Well I settled on a bay, the split screen model was just way too expensive & the only one I could find was just a shell.........

I found this one in fairly good condition, but quite pricey, but I am looking forward to having a full restoration project, I will keep you posted.....


----------



## martinzx (Aug 29, 2010)

Well its been a couple of months so I thought I would give you an update, boy it is like opening a can of worms, the more gets done the more needs doing, if you know what I mean , any how some pictures......

The body guy, working with the hammer to expose the rust & filler.........













































More to follow


----------



## martinzx (Aug 29, 2010)

Old rust cut out ready for fresh metal to be welded













































More to follow


----------



## martinzx (Aug 29, 2010)

Nice & shiny new metal


----------



## martinzx (Aug 29, 2010)

More pics


----------



## martinzx (Aug 29, 2010)

Last batch for now, glass out & engine out


----------



## PilotWatchLover (Sep 23, 2012)

Keep going! Good log so far! Would love to do this myself one day!


----------



## William_Wilson (May 21, 2007)

I would have been tempted to get a shed load of grit and sandblasted the entire outer shell as well as the interior floor. I haven't seen a vehicle yet that didn't need 3 times as much metal work as it appeared to need. You are fortunate though, that so many of the lines on those old love buses are flat. I've seen some of the more modern structural lines in panels that need an endless number of cuts, bends and welds to recreate.

Have you been able to acquire enough of the old breaky interior plastic bits to finish the insides?

Later,

William


----------



## mjsrb5 (Apr 7, 2013)

Great project thread mate! Looks like you are making good progress.


----------



## jizzle (Jul 11, 2010)

This is friggin awesome! What colour do you think you'll go for Martin!? Also - do you watch "The Apprentice" ? Last week they were at a caravan/motorhome show, they had some caravans based on a VW camper, they looked pretty cool too! Keep us posted!


----------



## William_Wilson (May 21, 2007)

jizzle said:


> This is friggin awesome! What colour do you think you'll go for Martin!?


When you own a Love Bus, is there any option? 










Later,

William


----------



## JWL940 (Jun 11, 2010)

Argh WW!! Whoever did that needs shooting.

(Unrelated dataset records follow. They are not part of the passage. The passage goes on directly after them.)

-- ===== src/Text/Numbers.antt =====
-- Texts of digits, and texts of digits with separators, are one line.
use terraformer.Base.{
  ℕ, ◌≡◌, subst, sym, Bool, true, false, List, [], ◌∷◌, arith, all, All, All-imp, Bool-cases, inl,
  inr, ◌==◌, ==_iff,
}
use terraformer.Text.{Text, is_break, is_digit, is_digits, partition}
use terraformer.Text.Lines.{IsLine}
use terraformer.Text.Strip.{IsDigits, is_digit-is_break}

pub all→All {ℓ} :
    {A : Type ℓ} (p : A → Bool) (xs : List A) → all p xs ≡ true → All (λ x. p x ≡ true) xs
all→All p [] h = tt
all→All p (x ∷ xs) h = (ground arith, all→All p xs (ground arith))

pub IsDigits-IsLine : (s : Text) → IsDigits s → IsLine s
IsDigits-IsLine = All-imp (λ c. is_digit c ≡ true) (λ c. is_break c ≡ false) is_digit-is_break

pub is_digits→IsDigits : (s : Text) → is_digits s ≡ true → IsDigits s
unfolding is_digits
is_digits→IsDigits s h = all→All is_digit s (ground arith)

pub is_digits-IsLine : (s : Text) → is_digits s ≡ true → IsLine s
is_digits-IsLine s h = IsDigits-IsLine s (is_digits→IsDigits s h)

pub partition-sep : (sep c : ℕ) (s : Text) → (c == sep) ≡ true → partition sep (c ∷ s) ≡ ([], s)
unfolding partition
partition-sep sep c s e = rw e

pub partition-other :
    (sep c : ℕ) (s : Text)
    → (c == sep) ≡ false
    → partition sep (c ∷ s) ≡ (c ∷ (partition sep s).0, (partition sep s).1)
unfolding partition
partition-other sep c s e = rw e

-- What holds of both parts and of the separator holds of the text.
pub partition-All {κ} :
    (P : ℕ → Type κ) (sep : ℕ) (s : Text)
    → P sep
    → All P (partition sep s).0
    → All P (partition sep s).1
    → All P s
partition-All P sep [] p a b = tt
partition-All P sep (c ∷ s) p a b = elim (Bool-cases (c == sep)) [
  | inl e ↦ (
    subst P (sym ((==_iff c sep).0 e)) p,
    subst (λ (q : Text × Text). All P q.1) (partition-sep sep c s e) b,
  )
  | inr e ↦
      let x = subst (λ (q : Text × Text). All P q.0) (partition-other sep c s e) a in
      (
        x.0,
        partition-All P sep s p x.1
            (subst (λ (q : Text × Text). All P q.1) (partition-other sep c s e) b),
      )
]

pub partition_left-All {κ} :
    (P : ℕ → Type κ) (sep : ℕ) (s : Text) → All P s → All P (partition sep s).0
unfolding partition
partition_left-All P sep [] h = tt
partition_left-All P sep (c ∷ s) h = elim (Bool-cases (c == sep)) [
  | inl e ↦ rw (partition-sep sep c s e) tt
  | inr e ↦ rw (partition-other sep c s e) (h.0, partition_left-All P sep s h.1)
]

pub partition_right-All {κ} :
    (P : ℕ → Type κ) (sep : ℕ) (s : Text) → All P s → All P (partition sep s).1
unfolding partition
partition_right-All P sep [] h = tt
partition_right-All P sep (c ∷ s) h = elim (Bool-cases (c == sep)) [
  | inl e ↦ rw (partition-sep sep c s e) h.1
  | inr e ↦ rw (partition-other sep c s e) (partition_right-All P sep s h.1)
]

Very impressive metalwork there Martin, well done. Had the same model in the late 70s that ran for 1000s of miles on just 3 plugs, the 4th having stripped its threads in the head.


----------



## Littlelegs (Dec 4, 2011)

Good going that. I agree there's always more than you expect. My mates 1st bay took 350hrs worth of welding to get it solid. His splittie a bit less so but still needed the bottom 6inches replacing at the rear. My t25 needed a fair bit, but lots of fun trips once it was done.

Good luck...)


----------



## martinzx (Aug 29, 2010)

PilotWatchLover said:


> Keep going! Good log so far! Would love to do this myself one day!


Yes it was something I wanted to do for years, glad I got round to it 

Cheers Martin



William_Wilson said:


> I would have been tempted to get a shed load of grit and sandblasted the entire outer shell as well as the interior floor. I haven't seen a vehicle yet that didn't need 3 times as much metal work as it appeared to need. You are fortunate though, that so many of the lines on those old love buses are flat. I've seen some of the more modern structural lines in panels that need an endless number of cuts, bends and welds to recreate.
> 
> Have you been able to acquire enough of the old breaky interior plastic bits to finish the insides?
> 
> ...


Never even considered that, I was expecting a lot of work, but not quite this much, but enjoying the process, not the cost.... 

Cheers Martin


----------



## martinzx (Aug 29, 2010)

mjsrb5 said:


> Great project thread mate! Looks like you are making good progress.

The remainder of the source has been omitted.